# problem with compling program by makefile



## Apfik (Mar 24, 2011)

Hello all,
I am very new in using terminal and I have got problem with compiling a program evalglare for glare analysis. I am sure I am doing so beginner mistake, but I can not figure it out.
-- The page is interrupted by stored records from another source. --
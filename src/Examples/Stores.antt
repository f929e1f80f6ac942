-- ===== src/Examples/Stores.antt =====
-- internal/correlate/store.go: runs of memoryStore.
use tracearr.Prelude.{◌≡◌, refl, String, [], ◌∷◌, none, some, string_eq}
use tracearr.Prelude.Int.{pos}
use tracearr.Prelude.Map
use tracearr.Event.{key_eq, key_beq, series_key, available, failed}
use tracearr.Store.{TraceState, ClosedTrace}
use tracearr.Store.Memory.{MemoryStore, new, put, delete, get_by_download_id, recall_closed}
use tracearr.Store.Memory.Recall.{recall_expired_episode}
use tracearr.Store.Memory.Index.{found-regrabbed}
use tracearr.Examples.{opened_record, episode_key, whole_series}

abbrev old_episode : ClosedTrace
old_episode = record { trace_id = 1; attempt = pos 1; outcome = failed; closed_at = 100 }

abbrev new_series : ClosedTrace
new_series = record { trace_id = 2; attempt = pos 1; outcome = available; closed_at = 2000 }

abbrev two_closed : MemoryStore
two_closed = record (new 1000 1000) {
  closed = (episode_key, old_episode) ∷ (whole_series, new_series) ∷ [];
}

recall_expired_episode_example :
    ((recall_closed two_closed episode_key 2500).0 ≡ none)
    × ((recall_closed (recall_closed two_closed episode_key 2500).1 episode_key 2500).0
        ≡ some new_series)
unfolding new key_beq series_key Map.get
recall_expired_episode_example =
    recall_expired_episode two_closed episode_key 2500 old_episode new_series refl refl refl refl
      refl refl

abbrev had : String → TraceState
had id = record opened_record { download_id = id }

found-regrabbed_example :
    get_by_download_id
      (put (delete (put (put (new 1000 1000) (had "x")) (had "y")) episode_key) opened_record)
      "x"
    ≡ some opened_record
found-regrabbed_example =
    found-regrabbed (new 1000 1000) (had "x") (had "y") opened_record refl refl refl refl refl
I am installing it on mac OSX 10.5.8.

what I have done is I unpacked evalglare-v0.9f.tar.gz which contains files

Makefile
evalglare.c
pictool.c
platform.h
buglist
documentation_v0.9f.pdf
pictool.h

and folders

geometry
common

The file "documentation_v0.9f.pdf" does not contains any instructions how ti install, it is documentation of the program functionality.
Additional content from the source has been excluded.